Task directions: Read the records and write them out again exactly.

Supplied records:
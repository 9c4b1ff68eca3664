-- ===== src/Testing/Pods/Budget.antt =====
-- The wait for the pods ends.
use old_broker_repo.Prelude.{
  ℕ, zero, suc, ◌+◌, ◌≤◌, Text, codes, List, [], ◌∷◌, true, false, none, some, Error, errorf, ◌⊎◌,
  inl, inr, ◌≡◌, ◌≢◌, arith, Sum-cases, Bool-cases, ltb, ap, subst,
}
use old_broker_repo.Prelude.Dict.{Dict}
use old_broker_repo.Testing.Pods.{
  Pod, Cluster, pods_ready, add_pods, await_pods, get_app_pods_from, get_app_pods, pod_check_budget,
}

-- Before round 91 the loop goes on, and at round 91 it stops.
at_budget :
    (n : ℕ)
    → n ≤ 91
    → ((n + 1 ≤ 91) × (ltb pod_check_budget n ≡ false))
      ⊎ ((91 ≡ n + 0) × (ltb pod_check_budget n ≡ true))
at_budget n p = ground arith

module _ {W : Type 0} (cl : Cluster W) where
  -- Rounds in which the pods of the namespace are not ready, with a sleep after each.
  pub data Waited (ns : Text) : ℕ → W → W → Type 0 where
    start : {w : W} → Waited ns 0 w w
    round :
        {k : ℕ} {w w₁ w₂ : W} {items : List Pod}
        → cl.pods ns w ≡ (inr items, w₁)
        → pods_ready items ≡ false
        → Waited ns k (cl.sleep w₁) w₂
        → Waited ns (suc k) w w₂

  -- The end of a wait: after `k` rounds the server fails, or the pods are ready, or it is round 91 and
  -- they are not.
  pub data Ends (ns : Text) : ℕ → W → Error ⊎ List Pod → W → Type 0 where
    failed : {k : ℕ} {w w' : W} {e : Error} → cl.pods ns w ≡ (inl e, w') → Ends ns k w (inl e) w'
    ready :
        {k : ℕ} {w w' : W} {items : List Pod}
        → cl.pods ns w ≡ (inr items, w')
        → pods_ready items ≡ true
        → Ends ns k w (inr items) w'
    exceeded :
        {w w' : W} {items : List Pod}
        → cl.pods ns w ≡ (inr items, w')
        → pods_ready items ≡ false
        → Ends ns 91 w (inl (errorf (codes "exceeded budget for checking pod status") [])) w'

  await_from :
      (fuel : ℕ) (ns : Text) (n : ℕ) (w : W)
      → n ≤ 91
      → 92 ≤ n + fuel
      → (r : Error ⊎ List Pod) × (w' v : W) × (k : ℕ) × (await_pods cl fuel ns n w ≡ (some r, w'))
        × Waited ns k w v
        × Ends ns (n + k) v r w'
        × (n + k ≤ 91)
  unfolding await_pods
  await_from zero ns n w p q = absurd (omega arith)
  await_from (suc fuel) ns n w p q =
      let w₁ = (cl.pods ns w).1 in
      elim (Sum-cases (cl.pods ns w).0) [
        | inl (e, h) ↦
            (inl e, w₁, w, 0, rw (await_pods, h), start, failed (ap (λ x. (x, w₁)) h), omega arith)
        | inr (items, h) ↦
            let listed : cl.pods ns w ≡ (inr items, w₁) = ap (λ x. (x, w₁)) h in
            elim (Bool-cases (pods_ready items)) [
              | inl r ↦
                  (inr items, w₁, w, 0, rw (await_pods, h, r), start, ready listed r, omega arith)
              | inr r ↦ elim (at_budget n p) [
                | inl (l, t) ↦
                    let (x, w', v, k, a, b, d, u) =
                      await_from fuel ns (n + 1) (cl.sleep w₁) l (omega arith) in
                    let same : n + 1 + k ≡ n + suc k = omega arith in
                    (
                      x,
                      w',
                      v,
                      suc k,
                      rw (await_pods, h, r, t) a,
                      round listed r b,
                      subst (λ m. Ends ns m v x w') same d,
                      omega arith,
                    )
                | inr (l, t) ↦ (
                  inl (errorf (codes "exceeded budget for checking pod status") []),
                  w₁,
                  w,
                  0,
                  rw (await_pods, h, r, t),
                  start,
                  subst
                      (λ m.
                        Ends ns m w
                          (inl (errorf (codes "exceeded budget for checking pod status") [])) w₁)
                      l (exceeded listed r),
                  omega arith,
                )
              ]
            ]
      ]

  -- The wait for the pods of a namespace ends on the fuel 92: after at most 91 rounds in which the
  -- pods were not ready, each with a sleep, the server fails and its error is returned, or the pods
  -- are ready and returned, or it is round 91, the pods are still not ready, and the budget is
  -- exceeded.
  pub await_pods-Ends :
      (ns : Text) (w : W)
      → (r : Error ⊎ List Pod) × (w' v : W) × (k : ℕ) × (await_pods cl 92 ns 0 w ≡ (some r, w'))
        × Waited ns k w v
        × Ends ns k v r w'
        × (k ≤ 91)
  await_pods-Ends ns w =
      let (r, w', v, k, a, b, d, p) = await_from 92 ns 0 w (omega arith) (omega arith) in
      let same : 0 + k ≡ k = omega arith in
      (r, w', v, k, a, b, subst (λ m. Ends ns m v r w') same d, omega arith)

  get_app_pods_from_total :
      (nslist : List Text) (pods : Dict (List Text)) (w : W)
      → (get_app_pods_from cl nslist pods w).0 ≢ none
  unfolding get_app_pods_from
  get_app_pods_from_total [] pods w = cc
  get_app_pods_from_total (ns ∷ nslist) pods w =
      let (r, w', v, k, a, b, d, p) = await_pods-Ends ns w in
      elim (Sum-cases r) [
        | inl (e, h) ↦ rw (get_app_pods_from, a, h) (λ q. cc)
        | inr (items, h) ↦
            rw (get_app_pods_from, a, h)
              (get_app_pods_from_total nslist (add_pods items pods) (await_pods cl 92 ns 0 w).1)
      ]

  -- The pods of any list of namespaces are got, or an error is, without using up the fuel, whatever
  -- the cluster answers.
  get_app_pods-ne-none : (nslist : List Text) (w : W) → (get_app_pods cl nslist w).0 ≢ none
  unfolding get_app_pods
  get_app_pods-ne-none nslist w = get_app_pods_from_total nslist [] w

Answer to this problem:
repository 9c4b1ff68eca3664
-- ===== src/Testing/Pods/Budget.antt =====
-- The wait for the pods ends.
use old_broker_repo.Prelude.{
  ℕ, zero, suc, ◌+◌, ◌≤◌, Text, codes, List, [], ◌∷◌, true, false, none, some, Error, errorf, ◌⊎◌,
  inl, inr, ◌≡◌, ◌≢◌, arith, Sum-cases, Bool-cases, ltb, ap, subst,
}
use old_broker_repo.Prelude.Dict.{Dict}
use old_broker_repo.Testing.Pods.{
  Pod, Cluster, pods_ready, add_pods, await_pods, get_app_pods_from, get_app_pods, pod_check_budget,
}

-- Before round 91 the loop goes on, and at round 91 it stops.
at_budget :
    (n : ℕ)
    → n ≤ 91
    → ((n + 1 ≤ 91) × (ltb pod_check_budget n ≡ false))
      ⊎ ((91 ≡ n + 0) × (ltb pod_check_budget n ≡ true))
at_budget n p = ground arith

module _ {W : Type 0} (cl : Cluster W) where
  -- Rounds in which the pods of the namespace are not ready, with a sleep after each.
  pub data Waited (ns : Text) : ℕ → W → W → Type 0 where
    start : {w : W} → Waited ns 0 w w
    round :
        {k : ℕ} {w w₁ w₂ : W} {items : List Pod}
        → cl.pods ns w ≡ (inr items, w₁)
        → pods_ready items ≡ false
        → Waited ns k (cl.sleep w₁) w₂
        → Waited ns (suc k) w w₂

  -- The end of a wait: after `k` rounds the server fails, or the pods are ready, or it is round 91 and
  -- they are not.
  pub data Ends (ns : Text) : ℕ → W → Error ⊎ List Pod → W → Type 0 where
    failed : {k : ℕ} {w w' : W} {e : Error} → cl.pods ns w ≡ (inl e, w') → Ends ns k w (inl e) w'
    ready :
        {k : ℕ} {w w' : W} {items : List Pod}
        → cl.pods ns w ≡ (inr items, w')
        → pods_ready items ≡ true
        → Ends ns k w (inr items) w'
    exceeded :
        {w w' : W} {items : List Pod}
        → cl.pods ns w ≡ (inr items, w')
        → pods_ready items ≡ false
        → Ends ns 91 w (inl (errorf (codes "exceeded budget for checking pod status") [])) w'

  await_from :
      (fuel : ℕ) (ns : Text) (n : ℕ) (w : W)
      → n ≤ 91
      → 92 ≤ n + fuel
      → (r : Error ⊎ List Pod) × (w' v : W) × (k : ℕ) × (await_pods cl fuel ns n w ≡ (some r, w'))
        × Waited ns k w v
        × Ends ns (n + k) v r w'
        × (n + k ≤ 91)
  unfolding await_pods
  await_from zero ns n w p q = absurd (omega arith)
  await_from (suc fuel) ns n w p q =
      let w₁ = (cl.pods ns w).1 in
      elim (Sum-cases (cl.pods ns w).0) [
        | inl (e, h) ↦
            (inl e, w₁, w, 0, rw (await_pods, h), start, failed (ap (λ x. (x, w₁)) h), omega arith)
        | inr (items, h) ↦
            let listed : cl.pods ns w ≡ (inr items, w₁) = ap (λ x. (x, w₁)) h in
            elim (Bool-cases (pods_ready items)) [
              | inl r ↦
                  (inr items, w₁, w, 0, rw (await_pods, h, r), start, ready listed r, omega arith)
              | inr r ↦ elim (at_budget n p) [
                | inl (l, t) ↦
                    let (x, w', v, k, a, b, d, u) =
                      await_from fuel ns (n + 1) (cl.sleep w₁) l (omega arith) in
                    let same : n + 1 + k ≡ n + suc k = omega arith in
                    (
                      x,
                      w',
                      v,
                      suc k,
                      rw (await_pods, h, r, t) a,
                      round listed r b,
                      subst (λ m. Ends ns m v x w') same d,
                      omega arith,
                    )
                | inr (l, t) ↦ (
                  inl (errorf (codes "exceeded budget for checking pod status") []),
                  w₁,
                  w,
                  0,
                  rw (await_pods, h, r, t),
                  start,
                  subst
                      (λ m.
                        Ends ns m w
                          (inl (errorf (codes "exceeded budget for checking pod status") [])) w₁)
                      l (exceeded listed r),
                  omega arith,
                )
              ]
            ]
      ]

  -- The wait for the pods of a namespace ends on the fuel 92: after at most 91 rounds in which the
  -- pods were not ready, each with a sleep, the server fails and its error is returned, or the pods
  -- are ready and returned, or it is round 91, the pods are still not ready, and the budget is
  -- exceeded.
  pub await_pods-Ends :
      (ns : Text) (w : W)
      → (r : Error ⊎ List Pod) × (w' v : W) × (k : ℕ) × (await_pods cl 92 ns 0 w ≡ (some r, w'))
        × Waited ns k w v
        × Ends ns k v r w'
        × (k ≤ 91)
  await_pods-Ends ns w =
      let (r, w', v, k, a, b, d, p) = await_from 92 ns 0 w (omega arith) (omega arith) in
      let same : 0 + k ≡ k = omega arith in
      (r, w', v, k, a, b, subst (λ m. Ends ns m v r w') same d, omega arith)

  get_app_pods_from_total :
      (nslist : List Text) (pods : Dict (List Text)) (w : W)
      → (get_app_pods_from cl nslist pods w).0 ≢ none
  unfolding get_app_pods_from
  get_app_pods_from_total [] pods w = cc
  get_app_pods_from_total (ns ∷ nslist) pods w =
      let (r, w', v, k, a, b, d, p) = await_pods-Ends ns w in
      elim (Sum-cases r) [
        | inl (e, h) ↦ rw (get_app_pods_from, a, h) (λ q. cc)
        | inr (items, h) ↦
            rw (get_app_pods_from, a, h)
              (get_app_pods_from_total nslist (add_pods items pods) (await_pods cl 92 ns 0 w).1)
      ]

  -- The pods of any list of namespaces are got, or an error is, without using up the fuel, whatever
  -- the cluster answers.
  get_app_pods-ne-none : (nslist : List Text) (w : W) → (get_app_pods cl nslist w).0 ≢ none
  unfolding get_app_pods
  get_app_pods-ne-none nslist w = get_app_pods_from_total nslist [] w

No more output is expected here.